> Work order
A set of records appears below. Print them all, word for word.

○ ○ ○ ○ ○ ○ ○

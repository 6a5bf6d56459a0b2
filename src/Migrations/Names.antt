-- ===== src/Migrations/Names.antt =====
-- Lists of tables and indexes that are known by their names.
use pg_monitor.Prelude.{
  ◌≡◌, refl, ap, inl, inr, String, Bool, true, false, Bool-cases, not, List, [], ◌∷◌, ◌++◌, map,
  filter, arith,
}
use pg_monitor.Prelude.Eq.{String_eq, ◌=?◌, =?_refl, =?→eq}
use pg_monitor.Prelude.Dict.{has}
use pg_monitor.Migrations.Schema.{Table, all, refers_to, refers}

-- What was added under a fresh name is what a filter by that name takes out.
pub filter-added :
    {A : Type 0} (key : A → String) (x : A) (xs : List A)
    → has (map key xs) (key x) ≡ false
    → filter (λ y. not (key y =? key x)) (xs ++ x ∷ []) ≡ xs
unfolding has
filter-added key x [] h = rw (=?_refl (key x))
filter-added key x (y ∷ ys) h =
    let other : (key y =? key x) ≡ false = ground arith in
    let rest : has (map key ys) (key x) ≡ false = ground arith in
    rw other (ap (◌∷◌ y) (filter-added key x ys rest))

-- Nothing is taken out by a name that is not known.
pub filter-unknown :
    {A : Type 0} (key : A → String) (known : List String) (name : String) (xs : List A)
    → has known name ≡ false
    → all (λ x. has known (key x)) xs ≡ true
    → filter (λ x. not (key x =? name)) xs ≡ xs
filter-unknown key known name [] n h = refl
filter-unknown key known name (x ∷ xs) n h = elim (Bool-cases (key x =? name)) [
  | inl t ↦ let same = ap (has known) (=?→eq (key x) name t) in absurd (ground arith)
  | inr f ↦ rw f (ap (◌∷◌ x) (filter-unknown key known name xs n (ground arith)))
]

module _ {A : Type 0} where
  pub all_weaken :
      (p q : A → Bool) (xs : List A)
      → ((x : A) → p x ≡ true → q x ≡ true)
      → all p xs ≡ true
      → all q xs ≡ true
  all_weaken p q [] i h = refl
  all_weaken p q (x ∷ xs) i h =
      let here = i x (ground arith) in let rest = all_weaken p q xs i (ground arith) in ground arith

  pub all-append :
      (p : A → Bool) (xs : List A) (y : A)
      → all p xs ≡ true
      → p y ≡ true
      → all p (xs ++ y ∷ []) ≡ true
  all-append p [] y h k = ground arith
  all-append p (x ∷ xs) y h k = let rest = all-append p xs y (ground arith) k in ground arith

pub has-more :
    (known : List String) (new k : String) → has known k ≡ true → has (known ++ new ∷ []) k ≡ true
unfolding has
has-more [] new k h = absurd (ground arith)
has-more (x ∷ known) new k h = elim (Bool-cases (x =? k)) [
  | inl t ↦ ground arith
  | inr f ↦ let rest = has-more known new k (ground arith) in ground arith
]

pub has-new : (known : List String) (new : String) → has (known ++ new ∷ []) new ≡ true
unfolding has
has-new [] new = rw (=?_refl new)
has-new (x ∷ known) new = let rest = has-new known new in ground arith

pub map-append :
    {A : Type 0} (f : A → String) (xs : List A) (y : A)
    → map f (xs ++ y ∷ []) ≡ map f xs ++ f y ∷ []
map-append f [] y = refl
map-append f (x ∷ xs) y = ap (◌∷◌ (f x)) (map-append f xs y)

-- A table whose keys refer to known tables does not refer to an unknown one.
pub not-refers :
    (known : List String) (name : String) (t : Table)
    → has known name ≡ false
    → refers_to known t ≡ true
    → not (refers name t) ≡ true
not-refers known name t n h =
    let none_refers =
      all_weaken (λ k. has known k.referred_table) (λ k. not (k.referred_table =? name))
        t.foreign_keys (λ k r. other k.referred_table r) h in
    rw none_refers refl
  where
    other : (r : String) → has known r ≡ true → not (r =? name) ≡ true
    other r k = elim (Bool-cases (r =? name)) [
      | inl t ↦ let same = ap (has known) (=?→eq r name t) in absurd (ground arith)
      | inr f ↦ rw f
    ]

○ ○ ○ ○ ○ ○ ○

> Solution for this task
repository 6a5bf6d56459a0b2
filename src/Migrations/Names.antt
-- ===== src/Migrations/Names.antt =====
-- Lists of tables and indexes that are known by their names.
use pg_monitor.Prelude.{
  ◌≡◌, refl, ap, inl, inr, String, Bool, true, false, Bool-cases, not, List, [], ◌∷◌, ◌++◌, map,
  filter, arith,
}
use pg_monitor.Prelude.Eq.{String_eq, ◌=?◌, =?_refl, =?→eq}
use pg_monitor.Prelude.Dict.{has}
use pg_monitor.Migrations.Schema.{Table, all, refers_to, refers}

-- What was added under a fresh name is what a filter by that name takes out.
pub filter-added :
    {A : Type 0} (key : A → String) (x : A) (xs : List A)
    → has (map key xs) (key x) ≡ false
    → filter (λ y. not (key y =? key x)) (xs ++ x ∷ []) ≡ xs
unfolding has
filter-added key x [] h = rw (=?_refl (key x))
filter-added key x (y ∷ ys) h =
    let other : (key y =? key x) ≡ false = ground arith in
    let rest : has (map key ys) (key x) ≡ false = ground arith in
    rw other (ap (◌∷◌ y) (filter-added key x ys rest))

-- Nothing is taken out by a name that is not known.
pub filter-unknown :
    {A : Type 0} (key : A → String) (known : List String) (name : String) (xs : List A)
    → has known name ≡ false
    → all (λ x. has known (key x)) xs ≡ true
    → filter (λ x. not (key x =? name)) xs ≡ xs
filter-unknown key known name [] n h = refl
filter-unknown key known name (x ∷ xs) n h = elim (Bool-cases (key x =? name)) [
  | inl t ↦ let same = ap (has known) (=?→eq (key x) name t) in absurd (ground arith)
  | inr f ↦ rw f (ap (◌∷◌ x) (filter-unknown key known name xs n (ground arith)))
]

module _ {A : Type 0} where
  pub all_weaken :
      (p q : A → Bool) (xs : List A)
      → ((x : A) → p x ≡ true → q x ≡ true)
      → all p xs ≡ true
      → all q xs ≡ true
  all_weaken p q [] i h = refl
  all_weaken p q (x ∷ xs) i h =
      let here = i x (ground arith) in let rest = all_weaken p q xs i (ground arith) in ground arith

  pub all-append :
      (p : A → Bool) (xs : List A) (y : A)
      → all p xs ≡ true
      → p y ≡ true
      → all p (xs ++ y ∷ []) ≡ true
  all-append p [] y h k = ground arith
  all-append p (x ∷ xs) y h k = let rest = all-append p xs y (ground arith) k in ground arith

pub has-more :
    (known : List String) (new k : String) → has known k ≡ true → has (known ++ new ∷ []) k ≡ true
unfolding has
has-more [] new k h = absurd (ground arith)
has-more (x ∷ known) new k h = elim (Bool-cases (x =? k)) [
  | inl t ↦ ground arith
  | inr f ↦ let rest = has-more known new k (ground arith) in ground arith
]

pub has-new : (known : List String) (new : String) → has (known ++ new ∷ []) new ≡ true
unfolding has
has-new [] new = rw (=?_refl new)
has-new (x ∷ known) new = let rest = has-new known new in ground arith

pub map-append :
    {A : Type 0} (f : A → String) (xs : List A) (y : A)
    → map f (xs ++ y ∷ []) ≡ map f xs ++ f y ∷ []
map-append f [] y = refl
map-append f (x ∷ xs) y = ap (◌∷◌ (f x)) (map-append f xs y)

-- A table whose keys refer to known tables does not refer to an unknown one.
pub not-refers :
    (known : List String) (name : String) (t : Table)
    → has known name ≡ false
    → refers_to known t ≡ true
    → not (refers name t) ≡ true
not-refers known name t n h =
    let none_refers =
      all_weaken (λ k. has known k.referred_table) (λ k. not (k.referred_table =? name))
        t.foreign_keys (λ k r. other k.referred_table r) h in
    rw none_refers refl
  where
    other : (r : String) → has known r ≡ true → not (r =? name) ≡ true
    other r k = elim (Bool-cases (r =? name)) [
      | inl t ↦ let same = ap (has known) (=?→eq r name t) in absurd (ground arith)
      | inr f ↦ rw f
    ]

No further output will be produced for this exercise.